Look through the data below and work out how many lines hold "record"; state only the number.

Task inputs section start

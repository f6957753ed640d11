-- ===== src/Config/RoundTrip.antt =====
-- crates/core/src/config.rs: the configuration is read back from what is written of it.
use ferro_http.Base.{
  ℕ, suc, ◌^◌, ◌≤◌, ◌≡◌, refl, ap, ◌∙◌, Bool, true, false, not, List, [], ◌∷◌, ◌++◌, map, arith,
  Bytes, codes, bytes_eq, all, utf8_valid,
}
use ferro_http.Json
use ferro_http.Json.{
  Float, JsonValue, object, Members, Parser, skip_ws, skip_ws_from, is_ws, get, find_member,
}
use ferro_http.Json.Parse.{max_depth, parse}
use ferro_http.Config.{Config, default_config, Result, ok, validate}
use ferro_http.Config.Read.{
  read_field, read_server, read_static, read_compression, read_security, read_tls, read_admin,
  read_logging, read_string_map, read_config, from_json, from_json_str,
}
use ferro_http.Config.Write.{
  server_text, static_text, compression_text, security_text, tls_text, admin_text, logging_text,
  json_string_object, block, escape_json, escape_byte, to_json_string,
}
use ferro_http.Config.Values.{Reads}
use ferro_http.Config.Blocks.{block-Reads}
use ferro_http.Config.Members.{Field, entry, members_of, starts_value}
use ferro_http.Config.Fields.{IsExact, block_starts}
use ferro_http.Config.Parts.{ServerFits, Part, server-Part}
use ferro_http.Config.Parts.Plain.{compression-Part, tls-Part, admin-Part, logging-Part}
use ferro_http.Config.Parts.Lists.{StaticFits, SecurityFits, static-Part, security-Part}
use ferro_http.Config.Parts.Mime.{pair_valid, mime-Part}

-- Valid texts, and numbers that `f64` holds exactly.
pub record Fits (c : Config) : Type 0 where
  pub server_fits : ServerFits c.server
  pub static_fits : StaticFits c.static_files
  pub compression_fits : c.compression.min_bytes ≤ 2 ^ 53
  pub security_fits : SecurityFits c.security
  pub cert_valid : utf8_valid c.tls.cert_path ≡ true
  pub key_valid : utf8_valid c.tls.key_path ≡ true
  pub username_valid : utf8_valid c.admin.username ≡ true
  pub password_valid : utf8_valid c.admin.password_sha256 ≡ true
  pub level_valid : utf8_valid c.logging.level ≡ true
  pub mime_valid : all pair_valid c.mime_overrides ≡ true

module _ {F : Type 0} (float : Float F) where
  -- A value and the line feed behind it are a document.
  parse-Reads :
      (deep : ℕ) (text : Bytes) (v : JsonValue F)
      → deep ≤ max_depth
      → starts_value text ≡ true
      → Reads float deep text v
      → (pos : ℕ) × (parse float (text ++ codes "\n")
          ≡ Json.Reply.ok v (record { pos = pos; rest = [] }))
  unfolding parse skip_ws skip_ws_from
  parse-Reads deep [] v fits starts reads = cc
  parse-Reads deep (c ∷ cs) v fits starts reads =
      let (at, read) =
        reads (suc max_depth) 0 0 (codes "\n") (omega (arith, fits)) (omega (arith, fits)) refl in
      (suc at, rw (not_blank (is_ws c) starts, read) refl)
    where
      not_blank : (b : Bool) → not b ≡ true → b ≡ false
      not_blank b e = ground (arith, e)

  from_json_str-parsed :
      (text : Bytes) (v : JsonValue F) (p : Parser)
      → parse float text ≡ Json.Reply.ok v p
      → from_json_str float text ≡ from_json float v
  unfolding from_json_str
  from_json_str-parsed text v p e = rw (e, from_json_str) refl

  from_json-valid :
      (vs : Members F) (c : Config)
      → read_config float (object vs) default_config ≡ ok c
      → validate c ≡ ok tt
      → from_json float (object vs) ≡ ok c
  unfolding from_json
  from_json-valid vs c read valid = rw (read, valid) refl

  part_field :
      {C : Type 0} (key text : Bytes) {read : JsonValue F → Result C} {c : C}
      → utf8_valid key ≡ true
      → Part float text read c
      → Field float 2
  part_field key text key_valid p = record {
    key = key;
    text = text;
    value = p.value;
    key_valid = key_valid;
    text_starts = p.starts;
    text_reads = p.text_reads;
  }

module _ {F : Type 0} (float : Float F) (exact : IsExact float) (c : Config) (fits : Fits c) where
  server :
      Part float (server_text c.server) (λ v. read_server float v default_config.server) c.server
  server = server-Part float exact c.server default_config.server fits.server_fits

  files :
      Part float
        (static_text c.static_files)
        (λ v. read_static float v default_config.static_files)
        c.static_files
  files = static-Part float c.static_files default_config.static_files fits.static_fits

  compression :
      Part float
        (compression_text c.compression)
        (λ v. read_compression float v default_config.compression)
        c.compression
  compression =
      compression-Part float exact c.compression default_config.compression fits.compression_fits

  security :
      Part float
        (security_text c.security)
        (λ v. read_security float v default_config.security)
        c.security
  security = security-Part float exact c.security default_config.security fits.security_fits

  tls : Part float (tls_text c.tls) (λ v. read_tls float v default_config.tls) c.tls
  tls = tls-Part float c.tls default_config.tls fits.cert_valid fits.key_valid

  admin : Part float (admin_text c.admin) (λ v. read_admin float v default_config.admin) c.admin
  admin = admin-Part float c.admin default_config.admin fits.username_valid fits.password_valid

  logging :
      Part float
        (logging_text c.logging)
        (λ v. read_logging float v default_config.logging)
        c.logging
  logging = logging-Part float c.logging default_config.logging fits.level_valid

  mime :
      Part float
        (json_string_object c.mime_overrides)
        (λ v. read_string_map v (codes "mime_overrides"))
        c.mime_overrides
  mime = mime-Part float c.mime_overrides (codes "mime_overrides") fits.mime_valid

  first : Field float 2
  unfolding utf8_valid
  first = part_field float (codes "server") (server_text c.server) refl server

  others : List (Field float 2)
  unfolding utf8_valid
  others =
      part_field float (codes "static") (static_text c.static_files) refl files
      ∷ part_field float (codes "compression") (compression_text c.compression) refl compression
      ∷ part_field float (codes "security") (security_text c.security) refl security
      ∷ part_field float (codes "tls") (tls_text c.tls) refl tls
      ∷ part_field float (codes "admin") (admin_text c.admin) refl admin
      ∷ part_field float (codes "logging") (logging_text c.logging) refl logging
      ∷ part_field float (codes "mime_overrides") (json_string_object c.mime_overrides) refl mime
      ∷ []

  root : JsonValue F
  root = object (members_of float 2 (first ∷ others))

  to_json_string-block :
      to_json_string c
      ≡ block [] (codes "  ") (entry float 2 first) (map (entry float 2) others) ++ codes "\n"
  unfolding to_json_string first others part_field entry escape_json escape_byte
  to_json_string-block = refl

  read_config-root : read_config float root default_config ≡ ok c
  unfolding read_config read_field root first others part_field members_of get find_member bytes_eq
  read_config-root =
      rw
        (
          server.read_back, files.read_back, compression.read_back, security.read_back,
          tls.read_back, admin.read_back, logging.read_back, mime.read_back,
        )
        refl

  -- A configuration that is valid, whose texts are UTF-8 and whose numbers are at most 2^53, is read
  -- back as it was from what is written of it.
  pub from_json_str-to_json_string :
      validate c ≡ ok tt → from_json_str float (to_json_string c) ≡ ok c
  unfolding root
  from_json_str-to_json_string valid =
      let (at, parsed) =
        parse-Reads float 3
          (block [] (codes "  ") (entry float 2 first) (map (entry float 2) others)) root
          (omega arith)
          (block_starts float [] (codes "  ") (entry float 2 first) (map (entry float 2) others))
          (block-Reads float 2 [] (codes "  ") first others refl refl) in
      ap (from_json_str float) to_json_string-block
      ∙ from_json_str-parsed float _ root _ parsed
      ∙ from_json-valid float (members_of float 2 (first ∷ others)) c read_config-root valid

Task inputs section end

Solved problem. 3